Looking at `MDSRank::get_session`, I wonder if it's possible that this is the only client which is triggering the `if (session->is_closed())` codepath ?
If so, this would be the only time that we ever check that that nref 1 on the sessions (so maybe it is never 1 for any session ??)
I was looking at commit 5dd000eb44e39567657a346451eec6adba3efb63 and I'm wondering if that backport is missing `session->put()` in MDSRankDispatcher::ms_dispatch ?? (Every other get_priv of a Session in luminous mds code doesn't carry the ref.)

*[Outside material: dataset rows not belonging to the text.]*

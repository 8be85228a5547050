-- ===== src/Client/Config/Valid.antt =====
-- What the validation of fusen/src/client/config.rs accepts.
use fusen_rs.Client.Config.{
  ConfigValidationError, Validation, require, RetryConfig, validate_retry, BreakerThreshold,
  CircuitBreakerConfig, ThresholdScope, validate_threshold, validate_circuit_breaker,
}
use fusen_rs.Prelude.{
  ℕ, ◌<◌, ◌≤◌, ◌≡◌, ◌↔◌, refl, Bool, true, false, ltb, leb, ◌&&◌, ok, err, ◌>>◌, arith,
}

pub record IsRetry (c : RetryConfig) : Type 0 where
  pub attempted : 1 ≤ c.max_attempts
  pub limited : c.max_attempts ≤ 3
  pub delayed : 0 < c.backoff_base
  pub capped : c.backoff_base ≤ c.backoff_cap
  pub budgeted : 0 < c.budget_capacity
  pub refilled : 0 < c.budget_refill_per_second

pub record IsThreshold {R : Type 0} (is_ratio : R → Bool) (c : BreakerThreshold R) : Type 0 where
  pub windowed : 0 < c.window
  pub bucketed : 0 < c.buckets
  pub sampled : 0 < c.minimum_samples
  pub rated : is_ratio c.failure_ratio ≡ true
  pub opened : 0 < c.open_duration
  pub probed : 0 < c.half_open_probes
  pub closed : 0 < c.close_successes

pub record IsBreakerConfig {R : Type 0} (is_ratio : R → Bool) (c : CircuitBreakerConfig R)
    : Type 0 where
  pub for_endpoint : IsThreshold is_ratio c.endpoint
  pub for_service : IsThreshold is_ratio c.service
  pub opens : 0 < c.max_open_duration
  pub holds : 0 < c.max_endpoint_entries
  pub evicts : 0 < c.idle_eviction

passes : (b : Bool) (e : ConfigValidationError) → require b e ≡ ok tt → b ≡ true
unfolding require
passes true e h = refl
passes false e h = cc

then_passes : (v rest : Validation) → (v >> rest) ≡ ok tt → (v ≡ ok tt) × (rest ≡ ok tt)
then_passes (ok tt) rest h = (refl, h)
then_passes (err e) rest h = cc

above : (n : ℕ) (e : ConfigValidationError) → require (ltb 0 n) e ≡ ok tt → 0 < n
above n e h = let p = passes (ltb 0 n) e h in ground arith

le_of : (a b : ℕ) → leb a b ≡ true → a ≤ b
le_of a b h = ground arith

and_both : (a b : Bool) → (a && b) ≡ true → (a ≡ true) × (b ≡ true)
and_both true b h = (refl, h)
and_both false b h = cc

validate_retry_meets : (c : RetryConfig) → validate_retry c ≡ ok tt → IsRetry c
unfolding validate_retry
validate_retry_meets c h =
    let (attempts, h1) = then_passes _ _ h in
    let (base, h2) = then_passes _ _ h1 in
    let (cap, h3) = then_passes _ _ h2 in
    let (order, h4) = then_passes _ _ h3 in
    let (capacity, refill) = then_passes _ _ h4 in
    let (some_attempt, few) = and_both _ _ (passes _ _ attempts) in
    record {
      attempted = le_of _ _ some_attempt;
      limited = le_of _ _ few;
      delayed = above _ _ base;
      capped = le_of _ _ (passes _ _ order);
      budgeted = above _ _ capacity;
      refilled = above _ _ refill;
    }

validate_retry_accepts : (c : RetryConfig) → IsRetry c → validate_retry c ≡ ok tt
unfolding validate_retry require
validate_retry_accepts c h =
    let a : leb 1 c.max_attempts ≡ true = ground (arith, h.attempted) in
    let b : leb c.max_attempts 3 ≡ true = ground (arith, h.limited) in
    let d : ltb 0 c.backoff_base ≡ true = ground (arith, h.delayed) in
    let e : ltb 0 c.backoff_cap ≡ true = ground (arith, h.delayed, h.capped) in
    let f : leb c.backoff_base c.backoff_cap ≡ true = ground (arith, h.capped) in
    let g : ltb 0 c.budget_capacity ≡ true = ground (arith, h.budgeted) in
    let i : ltb 0 c.budget_refill_per_second ≡ true = ground (arith, h.refilled) in
    rw (a, b, d, e, f, g, i) refl

module _ {R : Type 0} (is_ratio : R → Bool) where
  validate_threshold_meets :
      (c : BreakerThreshold R) (scope : ThresholdScope)
      → validate_threshold is_ratio c scope ≡ ok tt
      → IsThreshold is_ratio c
  unfolding validate_threshold
  validate_threshold_meets c scope h =
      let (window, h1) = then_passes _ _ h in
      let (buckets, h2) = then_passes _ _ h1 in
      let (samples, h3) = then_passes _ _ h2 in
      let (ratio, h4) = then_passes _ _ h3 in
      let (duration, h5) = then_passes _ _ h4 in
      let (probes, successes) = then_passes _ _ h5 in
      record {
        windowed = above _ _ window;
        bucketed = above _ _ buckets;
        sampled = above _ _ samples;
        rated = passes _ _ ratio;
        opened = above _ _ duration;
        probed = above _ _ probes;
        closed = above _ _ successes;
      }

  validate_threshold_accepts :
      (c : BreakerThreshold R) (scope : ThresholdScope)
      → IsThreshold is_ratio c
      → validate_threshold is_ratio c scope ≡ ok tt
  unfolding validate_threshold require
  validate_threshold_accepts c scope h =
      let a : ltb 0 c.window ≡ true = ground (arith, h.windowed) in
      let b : ltb 0 c.buckets ≡ true = ground (arith, h.bucketed) in
      let d : ltb 0 c.minimum_samples ≡ true = ground (arith, h.sampled) in
      let e : ltb 0 c.open_duration ≡ true = ground (arith, h.opened) in
      let f : ltb 0 c.half_open_probes ≡ true = ground (arith, h.probed) in
      let g : ltb 0 c.close_successes ≡ true = ground (arith, h.closed) in
      rw (a, b, d, h.rated, e, f, g) refl

  validate_circuit_breaker_meets :
      (c : CircuitBreakerConfig R)
      → validate_circuit_breaker is_ratio c ≡ ok tt
      → IsBreakerConfig is_ratio c
  unfolding validate_circuit_breaker
  validate_circuit_breaker_meets c h =
      let (first, h1) = then_passes _ _ h in
      let (second, h2) = then_passes _ _ h1 in
      let (duration, h3) = then_passes _ _ h2 in
      let (entries, idle) = then_passes _ _ h3 in
      record {
        for_endpoint = validate_threshold_meets c.endpoint ThresholdScope.endpoint first;
        for_service = validate_threshold_meets c.service ThresholdScope.service second;
        opens = above _ _ duration;
        holds = above _ _ entries;
        evicts = above _ _ idle;
      }

  validate_circuit_breaker_accepts :
      (c : CircuitBreakerConfig R)
      → IsBreakerConfig is_ratio c
      → validate_circuit_breaker is_ratio c ≡ ok tt
  unfolding validate_circuit_breaker require
  validate_circuit_breaker_accepts c h =
      let first = validate_threshold_accepts c.endpoint ThresholdScope.endpoint h.for_endpoint in
      let second = validate_threshold_accepts c.service ThresholdScope.service h.for_service in
      let d : ltb 0 c.max_open_duration ≡ true = ground (arith, h.opens) in
      let e : ltb 0 c.max_endpoint_entries ≡ true = ground (arith, h.holds) in
      let f : ltb 0 c.idle_eviction ≡ true = ground (arith, h.evicts) in
      rw (first, second, d, e, f) refl

-- The settings for retries are accepted exactly when they allow one to three attempts, the first delay is
-- positive and at most the longest, and the budget has a capacity and is refilled.
validate_retry_iff : (c : RetryConfig) → (validate_retry c ≡ ok tt) ↔ IsRetry c
validate_retry_iff c = (validate_retry_meets c, validate_retry_accepts c)

-- The settings for circuit breakers are accepted exactly when both thresholds and the three limits are
-- valid, each threshold with a ratio and positive counts and durations.
validate_circuit_breaker_iff :
    {R : Type 0} (is_ratio : R → Bool) (c : CircuitBreakerConfig R)
    → (validate_circuit_breaker is_ratio c ≡ ok tt) ↔ IsBreakerConfig is_ratio c
validate_circuit_breaker_iff is_ratio c =
    (validate_circuit_breaker_meets is_ratio c, validate_circuit_breaker_accepts is_ratio c)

So maybe the correct (luminous only) fix would be:
diff --git a/src/mds/MDSRank.cc b/src/mds/MDSRank.cc index 89b6e97b06..36a3e9367e 100644 --- a/src/mds/MDSRank.cc +++ b/src/mds/MDSRank.cc @@ -952,8 +952,10 @@ bool MDSRankDispatcher::ms_dispatch(Message *m) { if (m->get_source().is_client()) { Session *session = static_cast<Session*>(m->get_connection()->get_priv()); - if (session) + if (session) { + session->put(); // do not carry ref session->last_seen = Session::clock::now(); + } } inc_dispatch_depth();
For now, we're running with mds_bal_interval = 0 to disable the balancer. But of course it would be good to hear if the above should fix, then we'll compile and try it out. (But I want to be cautious, as this is happening on our prod cluster).
#2 Updated by Zheng Yan almost 5 years ago
- Target version set to v12.2.13
your patch should fix the issue. Thanks for tracking it down. Could you please create PR ?

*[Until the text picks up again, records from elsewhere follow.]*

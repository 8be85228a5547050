-- ===== src/Resilience/Retry.antt =====
-- fusen/src/resilience/retry.rs: attempt limits, the retry token budget, guarded decisions, backoff.
-- The retry policy of a user and the random number generator are arguments.
pub mod Budget
pub mod Decision
pub mod Backoff
use fusen_rs.Resilience.Failure.{FailureClass, is_retryable}
use fusen_rs.Resilience.Breaker.{checked_mul, duration_limit, unwrap_or}
use fusen_rs.Prelude.{
  ℕ, ◌+◌, ◌-◌, ◌*◌, ◌/◌, ◌%◌, ◌^◌, min, max, Bool, true, false, not, ◌||◌, ◌&&◌, leb, ltb, ◌==◌,
  if◌then◌else◌,
}

abbrev pub token_scale : ℕ
token_scale = 1_000_000_000

abbrev pub hard_max_attempts : ℕ
hard_max_attempts = 3

pub data RetryDecision : Type 0 where
  retry stop : RetryDecision

unfoldable pub hard_attempt_limit : ℕ → ℕ
hard_attempt_limit configured =
    if configured == 0
    then 1
    else if ltb hard_max_attempts configured
    then hard_max_attempts
    else configured

unfoldable pub has_next_attempt : ℕ → ℕ → Bool
unfolding hard_attempt_limit
has_next_attempt completed configured = ltb completed (hard_attempt_limit configured)

pub record RetryDecisionContext : Type 0 where
  pub completed_attempts : ℕ
  pub max_attempts : ℕ
  pub method_allows_retries : Bool
  pub failure : FailureClass
  pub remaining : ℕ

-- `RetryDecisionContext::new`.
unfoldable pub new_context : ℕ → ℕ → Bool → FailureClass → ℕ → RetryDecisionContext
unfolding hard_attempt_limit
new_context completed configured allows failure remaining = record {
  completed_attempts = max completed 1;
  max_attempts = hard_attempt_limit configured;
  method_allows_retries = allows;
  failure = failure;
  remaining = remaining;
}

-- `RetryPolicy::decide`.
abbrev pub RetryPolicy : Type 0
RetryPolicy = RetryDecisionContext → RetryDecision

unfoldable pub standard_policy : RetryPolicy
unfolding is_retryable
standard_policy context =
    if context.method_allows_retries && is_retryable context.failure
    then RetryDecision.retry
    else RetryDecision.stop

pub record RetryBudget : Type 0 where
  pub capacity : ℕ
  pub refill_per_second : ℕ
  pub scaled_tokens : ℕ
  pub last_refill : ℕ

unfoldable pub new_budget : ℕ → ℕ → ℕ → RetryBudget
new_budget capacity refill_per_second now = record {
  capacity = capacity;
  refill_per_second = refill_per_second;
  scaled_tokens = capacity * token_scale;
  last_refill = now;
}

-- The saturating operations of `u128`.
abbrev pub saturate_u128 : ℕ → ℕ
saturate_u128 n = min n (2 ^ 128 - 1)

unfoldable pub refill : RetryBudget → ℕ → RetryBudget
refill b now =
    let elapsed = now - b.last_refill in
    let replenished = saturate_u128 (elapsed * b.refill_per_second) in
    record b {
      scaled_tokens =
          min (saturate_u128 (b.scaled_tokens + replenished)) (b.capacity * token_scale);
      last_refill = now;
    }

-- `RetryBudget::try_acquire`: the budget afterwards, and whether a token was taken.
unfoldable pub try_acquire : RetryBudget → ℕ → RetryBudget × Bool
unfolding refill
try_acquire b now =
    let r = refill b now in
    if ltb r.scaled_tokens token_scale
    then (r, false)
    else (record r { scaled_tokens = r.scaled_tokens - token_scale }, true)

unfoldable pub is_retry : RetryDecision → Bool
is_retry RetryDecision.retry = true
is_retry RetryDecision.stop = false

-- `decide_with_guards`: the budget is asked last, so a decision that stops earlier leaves it alone.
unfoldable pub decide_with_guards :
    RetryPolicy → RetryDecisionContext → RetryBudget → ℕ → RetryBudget × RetryDecision
unfolding has_next_attempt is_retryable is_retry try_acquire
decide_with_guards policy context budget now =
    if context.remaining == 0
      || not (has_next_attempt context.completed_attempts context.max_attempts)
      || not context.method_allows_retries
      || not (is_retryable context.failure)
      || not (is_retry (policy context))
    then (budget, RetryDecision.stop)
    else let (b, granted) = try_acquire budget now in
      (b, if granted then RetryDecision.retry else RetryDecision.stop)

unfoldable pub exponential_ceiling : ℕ → ℕ → ℕ → ℕ
unfolding checked_mul
exponential_ceiling base cap retry_ordinal =
    let shift = min (retry_ordinal - 1) 31 in min (unwrap_or (checked_mul base (2 ^ shift)) cap) cap

-- `Duration::new` of the whole seconds, cut to 64 bits, and the nanoseconds left.
unfoldable pub duration_from_nanos : ℕ → ℕ
duration_from_nanos nanos = (nanos / 1_000_000_000) % 2 ^ 64 * 1_000_000_000 + nanos % 1_000_000_000

-- `sample n` stands for `rng.random_range(0..=n)`.
unfoldable pub full_jitter_backoff : (ℕ → ℕ) → ℕ → ℕ → ℕ → ℕ
unfolding exponential_ceiling duration_from_nanos
full_jitter_backoff sample base cap retry_ordinal =
    duration_from_nanos (sample (exponential_ceiling base cap retry_ordinal))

#3 Updated by Patrick Donnelly almost 5 years ago
- Related to Backport #37739: luminous: extend reconnect period when mds is busy added
#4 Updated by Patrick Donnelly almost 5 years ago
- Subject changed from v12.2.12 MDS does fails assert(session->get_nref() == 1) when balancing to luminous: mds: does fails assert(session->get_nref() == 1) when balancing
- Status changed from New to Fix Under Review
- Assignee set to Dan van der Ster
- Start date deleted (
06/07/2019) - Pull request ID set to 28467
- Affected Versions v12.2.11 added
- Affected Versions deleted (
v12.2.12)
#5 Updated by Patrick Donnelly over 4 years ago
- Status changed from Fix Under Review to Rejected
https://github.com/ceph/ceph/pull/28467#issuecomment-541079181
Thanks for the PR anyway Dan. Luminous QA didn't pick it up in time.